What is important to draw from these articles, in terms of the particular lens, is that they all assume a desirability of having the range of people in a certain scientific context be representative of the range of people in society in general and that hailing and recruiting is one method to help achieve this goal. Given that the tone of the argument presented in class was a negative one, it is curious that one set of people would find hailing and recruiting a detestable process and another set of people would find it so desirable as to advocate it in an article. From the little presented about Gramsci in class, however, this could make sense in context. Antonio Gramsci wrote from a prison cell. He was imprisoned for revolt. His theory was that revolt did not work because people desire to submit to authority so that they can feel 'hailed and recruited'. So he would not admire any increase in hailing and recruiting because all it would do would increase people reassurance in authority. Indeed, we see this most explicitly played out in Adreescu et al' s article that says hailing and recruiting girls with high math ability is 'vital to the future of the USA economy.' So, at least in this article, it is clear that the difference in liking or not liking the method is due to a more fundamental goal of maintaining or not maintaining authority. In the other two articles it is not as clear what their goal is in diversifying math and science populations. There is more a permeating sense of 'goodness' or 'usefulness'. So the only real insight the argument from class can shed on feminism in the classroom is to illuminate the implicit underlying goals of the work.

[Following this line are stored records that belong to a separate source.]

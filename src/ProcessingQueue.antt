-- ===== src/ProcessingQueue.antt =====
-- libraries/queue/ProcessingQueue: the requests that wait for the hub's main loop. The queue of
-- items below it, ArduinoQueue, is another project's: it is the record `Fifo` of its operations
-- and of what its documentation says of them.
pub mod Refine
pub mod Sample
mod Tests
use sensaurus.Prelude.{
  ℕ, ◌+◌, ◌-◌, ◌<◌, ◌≡◌, refl, Bool, true, false, List, [], ◌∷◌, ◌++◌, length, leb, ltb,
  if◌then◌else◌, Text, Option, none, some,
}

pub data RequestType : Type 0 where
  request_none request_mqtt_publish_status request_actuator_set : RequestType

pub record QueueItem : Type 0 where
  pub request_type : RequestType
  pub payload : Text

-- `QueueItem(requestType)`, which leaves the payload empty.
abbrev pub status_item : RequestType → QueueItem
status_item r = record { request_type = r; payload = [] }

-- A bounded queue of items. `blank` is the item that the default constructor makes; `held` lists
-- the items of a queue from the front, and `room` is how many it can hold.
pub record Fifo (A : Type 0) : Type 1 where
  pub Queue : Type 0
  pub blank : A
  pub make : ℕ → Queue
  pub count : Queue → ℕ
  pub push : Queue → A → Queue
  pub pop : Queue → A × Queue
  pub held : Queue → List A
  pub room : Queue → ℕ
  pub held-make : (n : ℕ) → held (make n) ≡ []
  pub room-make : (n : ℕ) → room (make n) ≡ n
  pub count_is : (q : Queue) → count q ≡ length (held q)
  pub held-push :
      (q : Queue) (a : A)
      → held (push q a) ≡ (if ltb (length (held q)) (room q) then held q ++ a ∷ [] else held q)
  pub room-push : (q : Queue) (a : A) → room (push q a) ≡ room q
  pub pop_empty : (q : Queue) → held q ≡ [] → ((pop q).0 ≡ blank) × (held (pop q).1 ≡ [])
  pub pop_first :
      (q : Queue) (a : A) (rest : List A)
      → held q ≡ a ∷ rest
      → ((pop q).0 ≡ a) × (held (pop q).1 ≡ rest)
  pub room-pop : (q : Queue) → room (pop q).1 ≡ room q

abbrev pub max_size : ℕ
max_size = 10

module _ (f : Fifo QueueItem) where
  open f use {Queue, make, count, push, pop}

  -- The constructor.
  unfoldable pub processing_queue : Queue
  processing_queue = make max_size

  unfoldable pub try_push : Queue → QueueItem → Bool × Queue
  try_push q item = if leb max_size (count q) then (false, q) else (true, push q item)

  unfoldable pub try_pop : Queue → QueueItem × Queue
  try_pop q = pop q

This really underlines the importance of social location. Gramsci was in a prison cell for trying to undermine a system and professors are in a classroom trying to maintain a system. So while Gramsci might offer insight on seeing a professor's social location, he can not shed much light on the goal of trying to include more women in the math and science classrooms.
Andreescu, Titu, Joseph A. Gallian, Jonathan M. Kane and Janet E. Mertz. “Cross-Cultural Analysis of Students with Exceptional Talent in Mathematical Problem Solving.” Notices of the American Mathematical Society. 55 (2008) 1248-1260.
Barad, Karen. “A Feminist Approach to Teaching Quantum Physics.” Teaching the Majority: Breaking the Gender Barrier in Science, Mathematics, and Engineering. Ed. Sue Rosser. New York: Teachers College Press, 1995. 43-75.
Dalke, Anne. “Notes Toward Day 18 of Critical Feminist Studies: Expanding the Frontiers of the Politics of Reading.” Serendip's Exchange 1994-2008. 13 Nov. 2008
Wilson, Robin. “A Hothouse for Female Scientists.” The Chronicle of Higher Education. May 5, 2000.